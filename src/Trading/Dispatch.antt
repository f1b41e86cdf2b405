-- ===== src/Trading/Dispatch.antt =====
-- Trading::init: which handler a packet goes to.
use open_fusion.Common.{ℕ}
use open_fusion.Common.Int.{ℤ}
use open_fusion.Player.{TradeItem}
use open_fusion.Trading.World.{Ids, World}
use open_fusion.Trading.Handlers.{
  Reaction, trade_offer, trade_offer_accept, trade_offer_refusal, trade_offer_cancel,
  trade_offer_abort, trade_confirm, trade_confirm_cancel,
}
use open_fusion.Trading.Register.{trade_register_item, trade_unregister_item, trade_register_cash}

-- A trade packet, named after its type without P_CL2FE_REQ_PC_TRADE_.
pub data Request : Type 0 where
  req_offer req_offer_accept req_offer_refusal req_offer_cancel req_offer_abort : Ids → Request
  req_confirm req_confirm_cancel : Ids → Request
  req_item_register req_item_unregister : Ids → TradeItem → Request
  req_cash_register : Ids → ℤ → Request

-- The handler of a packet, for the socket that it came from.
abbrev pub react : World → ℕ → Request → Reaction
react w sock (req_offer ids) = trade_offer w sock ids
react w sock (req_offer_accept ids) = trade_offer_accept w sock ids
react w sock (req_offer_refusal ids) = trade_offer_refusal w sock ids
react w sock (req_offer_cancel ids) = trade_offer_cancel w sock ids
react w sock (req_offer_abort ids) = trade_offer_abort w sock ids
react w sock (req_confirm ids) = trade_confirm w sock ids
react w sock (req_confirm_cancel ids) = trade_confirm_cancel w sock ids
react w sock (req_item_register ids item) = trade_register_item w sock ids item
react w sock (req_item_unregister ids item) = trade_unregister_item w sock ids item
react w sock (req_cash_register ids candy) = trade_register_cash w sock ids candy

☆ ☆ ☆ ☆ ☆ ☆ ☆

_Work order_
Nothing beyond the line containing "react w sock (req_offer ids)" is to be output; the lines above, from the first one onward to that line, are to be transcribed exactly.

_Response to this exercise_
filename src/Trading/Dispatch.antt
repository f1b41e86cdf2b405
-- ===== src/Trading/Dispatch.antt =====
-- Trading::init: which handler a packet goes to.
use open_fusion.Common.{ℕ}
use open_fusion.Common.Int.{ℤ}
use open_fusion.Player.{TradeItem}
use open_fusion.Trading.World.{Ids, World}
use open_fusion.Trading.Handlers.{
  Reaction, trade_offer, trade_offer_accept, trade_offer_refusal, trade_offer_cancel,
  trade_offer_abort, trade_confirm, trade_confirm_cancel,
}
use open_fusion.Trading.Register.{trade_register_item, trade_unregister_item, trade_register_cash}

-- A trade packet, named after its type without P_CL2FE_REQ_PC_TRADE_.
pub data Request : Type 0 where
  req_offer req_offer_accept req_offer_refusal req_offer_cancel req_offer_abort : Ids → Request
  req_confirm req_confirm_cancel : Ids → Request
  req_item_register req_item_unregister : Ids → TradeItem → Request
  req_cash_register : Ids → ℤ → Request

-- The handler of a packet, for the socket that it came from.
abbrev pub react : World → ℕ → Request → Reaction
react w sock (req_offer ids) = trade_offer w sock ids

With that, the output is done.